WORK INSTRUCTIONS: Word for word, restate the entries below from their first line through the line that contains "pub receipts : List Receipt".

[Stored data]
· · · ·

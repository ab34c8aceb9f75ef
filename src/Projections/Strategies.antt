-- ===== src/Projections/Strategies.antt =====
-- `strategyEvent` and `swapEvent` of packages/db/src/materialization.ts.
pub mod Paths
pub mod Lives
pub mod Histories
mod Tests
use aqua_orbital.Prelude.{
  ℕ, suc, ◌+◌, ◌*◌, ◌/◌, ◌^◌, Bool, true, false, ◌&&◌, ◌||◌, not, List, [], ◌∷◌, Option, none, some,
  ltb, leb, ◌==◌, any, includes, length, get_elem?, if◌then◌else◌, Result, ok, err, ◌>>=◌, ◌>>◌,
  fail_if, or_fail,
}
use aqua_orbital.Projections.{
  Error, invalid_strategy_transition, invalid_swap_transition, conflicting_strategy_snapshot,
  unique_violation, check_violation, Scope, Source, is_before, same_source, Config, uint,
}

pub data Lifecycle : Type 0 where
  active retired : Lifecycle

abbrev pub is_active : Lifecycle → Bool
is_active active = true
is_active retired = false

abbrev pub same_lifecycle : Lifecycle → Lifecycle → Bool
same_lifecycle active active = true
same_lifecycle retired retired = true
same_lifecycle _ _ = false

-- A row of strategy_snapshots.
pub record Snapshot : Type 0 where
  pub order_hash : ℕ
  pub maker : ℕ
  pub config_hash : ℕ
  pub config : Config
  pub maker_nonce : ℕ
  pub tokens : ℕ
  pub lifecycle : Lifecycle
  pub version : ℕ
  pub source : Source

-- What `strategy_swap` adds to an event.
pub record Swap : Type 0 where
  pub taker : ℕ
  pub recipient : ℕ
  pub token_in_index : ℕ
  pub token_out_index : ℕ
  pub gross_input : Option ℕ
  pub net_input : Option ℕ
  pub fee : Option ℕ
  pub amount_out : Option ℕ
  pub version : Option ℕ
  pub crossings : List (Option ℕ × Bool)

-- The strategy events of `ProjectionEvent`.
pub data Kind : Type 0 where
  strategy_activated : (config_hash : ℕ) (config : Config) (maker_nonce tokens : ℕ) → Kind
  strategy_retired : (version : Option ℕ) → Kind
  strategy_swap : Swap → Kind

pub record Event : Type 0 where
  pub entity : ℕ
  pub maker : ℕ
  pub source : Source
  pub kind : Kind

-- A row of swap_receipts.
pub record Receipt : Type 0 where
  pub order_hash : ℕ
  pub version : ℕ
  pub gross_input : ℕ
  pub net_input : ℕ
  pub fee : ℕ
  pub fee_ppm : ℕ
  pub amount_out : ℕ
  pub token_in : ℕ
  pub token_out : ℕ
  pub source : Source

-- The tables, the newest row first.
pub record Tables : Type 0 where
  pub snapshots : List Snapshot
  pub receipts : List Receipt

-- ORDER BY block_number DESC, log_index DESC LIMIT 1
abbrev pub later : Snapshot → Option Snapshot → Snapshot
later r none = r
later r (some q) = if is_before r.source q.source then q else r

abbrev pub is_prior : ℕ → Source → Snapshot → Bool
is_prior order at r = (r.order_hash == order) && is_before r.source at

-- The latest row of an order before an event.
unfoldable pub prior_of : ℕ → Source → List Snapshot → Option Snapshot
prior_of order at [] = none
prior_of order at (r ∷ rs) =
    let rest = prior_of order at rs in if is_prior order at r then some (later r rest) else rest

-- `!prior||prior.lifecycle!=='active'||prior.maker!==event.maker||uint(event.version,64)!==…`
-- It gives the event's version, which is what is stored, and the prior row.
unfoldable pub follows : Error → Event → Option ℕ → Option Snapshot → Result Error (ℕ × Snapshot)
follows e event version none = err e
follows e event version (some prior) = do
  fail_if (not (is_active prior.lifecycle) || not (prior.maker == event.maker)) e
  v ← uint version 64
  fail_if (not (v == prior.version + 1)) e
  ok (v, prior)

-- `ordinary`, the tick keys less the last one, and `ordinary.indexOf(key)`
abbrev pub ordinary : List ℕ → List ℕ
ordinary [] = []
ordinary (k ∷ []) = []
ordinary (k ∷ l ∷ ks) = k ∷ ordinary (l ∷ ks)

abbrev pub index_of : ℕ → List ℕ → Option ℕ
index_of key [] = none
index_of key (k ∷ ks) =
    if k == key then some 0 else elim (index_of key ks) [ none ↦ none | some i ↦ some (suc i) ]

-- `prefix!==undefined&&keyIndex!==(inward?prefix-1:prefix)`
abbrev pub leaves_path : Option ℕ → Bool → ℕ → Bool
leaves_path none inward i = false
leaves_path (some prefix) true i = not (i + 1 == prefix)
leaves_path (some prefix) false i = not (i == prefix)

-- The loop over the crossings, with the prefix that it has reached.
unfoldable pub check_path : List ℕ → Option ℕ → List (Option ℕ × Bool) → Result Error (Unit {0})
check_path keys prefix [] = ok tt
check_path keys prefix ((key, inward) ∷ crossings) = do
  k ← uint key 64
  i ← or_fail (index_of k keys) invalid_swap_transition
  fail_if (leaves_path prefix inward i) invalid_swap_transition
  check_path keys (some (if inward then i else i + 1)) crossings

-- The tests of the indices and of the fee.
abbrev pub is_bad_pair : Config → Swap → Bool
is_bad_pair c s =
    (s.token_in_index == s.token_out_index)
    || leb (length c.tokens) s.token_in_index
    || leb (length c.tokens) s.token_out_index
    || not (includes c.fee_ppm (100 ∷ 500 ∷ 1000 ∷ []))

-- The tests of the taker and of the recipient. An address is below 2^160.
abbrev pub is_bad_party : Scope → ℕ → ℕ → Bool
is_bad_party scope maker a =
    (a == 0) || leb (2 ^ 160) a || includes a (maker ∷ scope.router ∷ scope.aqua ∷ [])

-- The tests of the amounts.
abbrev pub is_bad_money : (fee_ppm gross net fee out : ℕ) → Bool
is_bad_money fee_ppm gross net fee out =
    (gross == 0)
    || (net == 0)
    || (out == 0)
    || (fee == 0)
    || not (net + fee == gross)
    || not (fee == (gross * fee_ppm + 999999) / 1000000)

-- The keys of swap_receipts: the source, and (order_hash, version).
abbrev pub same_receipt : Receipt → Receipt → Bool
same_receipt a b =
    same_source a.source b.source || (a.order_hash == b.order_hash) && (a.version == b.version)

-- The row's check that the tokens differ and that their indices are below 8.
abbrev pub is_bad_row : Swap → Receipt → Bool
is_bad_row s r = leb 8 s.token_in_index || leb 8 s.token_out_index || (r.token_in == r.token_out)

-- INSERT INTO swap_receipts
unfoldable pub insert_receipt : Swap → Receipt → List Receipt → Result Error (List Receipt)
insert_receipt s r rs = do
  fail_if (is_bad_row s r) check_violation
  fail_if (any (same_receipt r) rs) unique_violation
  ok (r ∷ rs)

-- What `swapEvent` stores once its prior row is known, under the event's version.
unfoldable pub swap_rows :
    Scope → Event → Swap → (version : ℕ) → Snapshot → List Receipt → Result Error (List Receipt)
swap_rows scope event s version prior receipts = do
  let c = prior.config
  fail_if (is_bad_pair c s) invalid_swap_transition
  fail_if (is_bad_party scope event.maker s.taker || is_bad_party scope event.maker s.recipient)
      invalid_swap_transition
  gross ← uint s.gross_input 256
  net ← uint s.net_input 256
  fee ← uint s.fee 256
  out ← uint s.amount_out 256
  fail_if (is_bad_money c.fee_ppm gross net fee out) invalid_swap_transition
  fail_if (ltb 16 (length s.crossings)) invalid_swap_transition
  check_path (ordinary c.tick_keys) none s.crossings
  token_in ← or_fail (get_elem? c.tokens s.token_in_index) invalid_swap_transition
  token_out ← or_fail (get_elem? c.tokens s.token_out_index) invalid_swap_transition
  insert_receipt s
      (record {
        order_hash = event.entity;
        version = version;
        gross_input = gross;
        net_input = net;
        fee = fee;
        fee_ppm = c.fee_ppm;
        amount_out = out;
        token_in = token_in;
        token_out = token_out;
        source = event.source;
      })
      receipts

-- `swapEvent`: the event's version and the prior row, and the receipts.
unfoldable pub swap_event :
    Scope
    → Event
    → Swap
    → Option Snapshot
    → List Receipt
    → Result Error ((ℕ × Snapshot) × List Receipt)
swap_event scope event s found receipts = do
  (version, prior) ← follows invalid_swap_transition event s.version found
  rows ← swap_rows scope event s version prior receipts
  ok ((version, prior), rows)

-- The row that follows another, under the event's version and source.
abbrev pub next_of : Event → Lifecycle → ℕ × Snapshot → Snapshot
next_of event lifecycle (version, prior) = record {
  order_hash = event.entity;
  maker = event.maker;
  config_hash = prior.config_hash;
  config = prior.config;
  maker_nonce = prior.maker_nonce;
  tokens = prior.tokens;
  lifecycle = lifecycle;
  version = version;
  source = event.source;
}

-- Whether a row is stored with the same values.
abbrev pub same_row : Snapshot → Snapshot → Bool
same_row a b =
    (a.order_hash == b.order_hash)
    && same_source a.source b.source
    && (a.maker == b.maker)
    && (a.config_hash == b.config_hash)
    && (a.config.text == b.config.text)
    && (a.maker_nonce == b.maker_nonce)
    && (a.tokens == b.tokens)
    && same_lifecycle a.lifecycle b.lifecycle
    && (a.version == b.version)
    && (a.source.block_number == b.source.block_number)

abbrev pub same_key : Snapshot → Snapshot → Bool
same_key a b = (a.order_hash == b.order_hash) && same_source a.source b.source

-- INSERT … ON CONFLICT DO NOTHING, and the query whether the row is stored.
unfoldable pub insert_snapshot : Snapshot → List Snapshot → Result Error (List Snapshot)
insert_snapshot r rs =
    if any (same_key r) rs
    then (fail_if (not (any (same_row r) rs)) conflicting_strategy_snapshot >> ok rs)
    else ok (r ∷ rs)

-- The value that `strategyEvent` stores, and the receipts.
unfoldable pub strategy_value :
    Scope → Event → Kind → Option Snapshot → List Receipt → Result Error (Snapshot × List Receipt)
strategy_value scope event (strategy_activated config_hash config maker_nonce tokens) none rs = ok (
  record {
    order_hash = event.entity;
    maker = event.maker;
    config_hash = config_hash;
    config = config;
    maker_nonce = maker_nonce;
    tokens = tokens;
    lifecycle = active;
    version = 1;
    source = event.source;
  },
  rs,
)
strategy_value scope event (strategy_activated config_hash config nonce tokens) (some prior) rs =
    err invalid_strategy_transition
strategy_value scope event (strategy_retired version) found rs = do
  prior ← follows invalid_strategy_transition event version found
  ok (next_of event retired prior, rs)
strategy_value scope event (strategy_swap s) found rs = do
  swapped ← swap_event scope event s found rs
  ok (next_of event active swapped.0, swapped.1)

-- `strategyEvent`
unfoldable pub strategy_event : Scope → Event → Tables → Result Error Tables
strategy_event scope event t = do
  value ←
      strategy_value scope event event.kind (prior_of event.entity event.source t.snapshots)
        t.receipts
  snapshots ← insert_snapshot value.0 t.snapshots
  ok (record { snapshots = snapshots; receipts = value.1 })

-- The strategy events of a block in the loop over its projections, or of several blocks.
unfoldable pub strategy_events : Scope → List Event → Tables → Result Error Tables
strategy_events scope [] t = ok t
strategy_events scope (event ∷ events) t = do
  next ← strategy_event scope event t
  strategy_events scope events next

· · · ·

TASK SOLUTION:
repository ab34c8aceb9f75ef
filename src/Projections/Strategies.antt
-- ===== src/Projections/Strategies.antt =====
-- `strategyEvent` and `swapEvent` of packages/db/src/materialization.ts.
pub mod Paths
pub mod Lives
pub mod Histories
mod Tests
use aqua_orbital.Prelude.{
  ℕ, suc, ◌+◌, ◌*◌, ◌/◌, ◌^◌, Bool, true, false, ◌&&◌, ◌||◌, not, List, [], ◌∷◌, Option, none, some,
  ltb, leb, ◌==◌, any, includes, length, get_elem?, if◌then◌else◌, Result, ok, err, ◌>>=◌, ◌>>◌,
  fail_if, or_fail,
}
use aqua_orbital.Projections.{
  Error, invalid_strategy_transition, invalid_swap_transition, conflicting_strategy_snapshot,
  unique_violation, check_violation, Scope, Source, is_before, same_source, Config, uint,
}

pub data Lifecycle : Type 0 where
  active retired : Lifecycle

abbrev pub is_active : Lifecycle → Bool
is_active active = true
is_active retired = false

abbrev pub same_lifecycle : Lifecycle → Lifecycle → Bool
same_lifecycle active active = true
same_lifecycle retired retired = true
same_lifecycle _ _ = false

-- A row of strategy_snapshots.
pub record Snapshot : Type 0 where
  pub order_hash : ℕ
  pub maker : ℕ
  pub config_hash : ℕ
  pub config : Config
  pub maker_nonce : ℕ
  pub tokens : ℕ
  pub lifecycle : Lifecycle
  pub version : ℕ
  pub source : Source

-- What `strategy_swap` adds to an event.
pub record Swap : Type 0 where
  pub taker : ℕ
  pub recipient : ℕ
  pub token_in_index : ℕ
  pub token_out_index : ℕ
  pub gross_input : Option ℕ
  pub net_input : Option ℕ
  pub fee : Option ℕ
  pub amount_out : Option ℕ
  pub version : Option ℕ
  pub crossings : List (Option ℕ × Bool)

-- The strategy events of `ProjectionEvent`.
pub data Kind : Type 0 where
  strategy_activated : (config_hash : ℕ) (config : Config) (maker_nonce tokens : ℕ) → Kind
  strategy_retired : (version : Option ℕ) → Kind
  strategy_swap : Swap → Kind

pub record Event : Type 0 where
  pub entity : ℕ
  pub maker : ℕ
  pub source : Source
  pub kind : Kind

-- A row of swap_receipts.
pub record Receipt : Type 0 where
  pub order_hash : ℕ
  pub version : ℕ
  pub gross_input : ℕ
  pub net_input : ℕ
  pub fee : ℕ
  pub fee_ppm : ℕ
  pub amount_out : ℕ
  pub token_in : ℕ
  pub token_out : ℕ
  pub source : Source

-- The tables, the newest row first.
pub record Tables : Type 0 where
  pub snapshots : List Snapshot
  pub receipts : List Receipt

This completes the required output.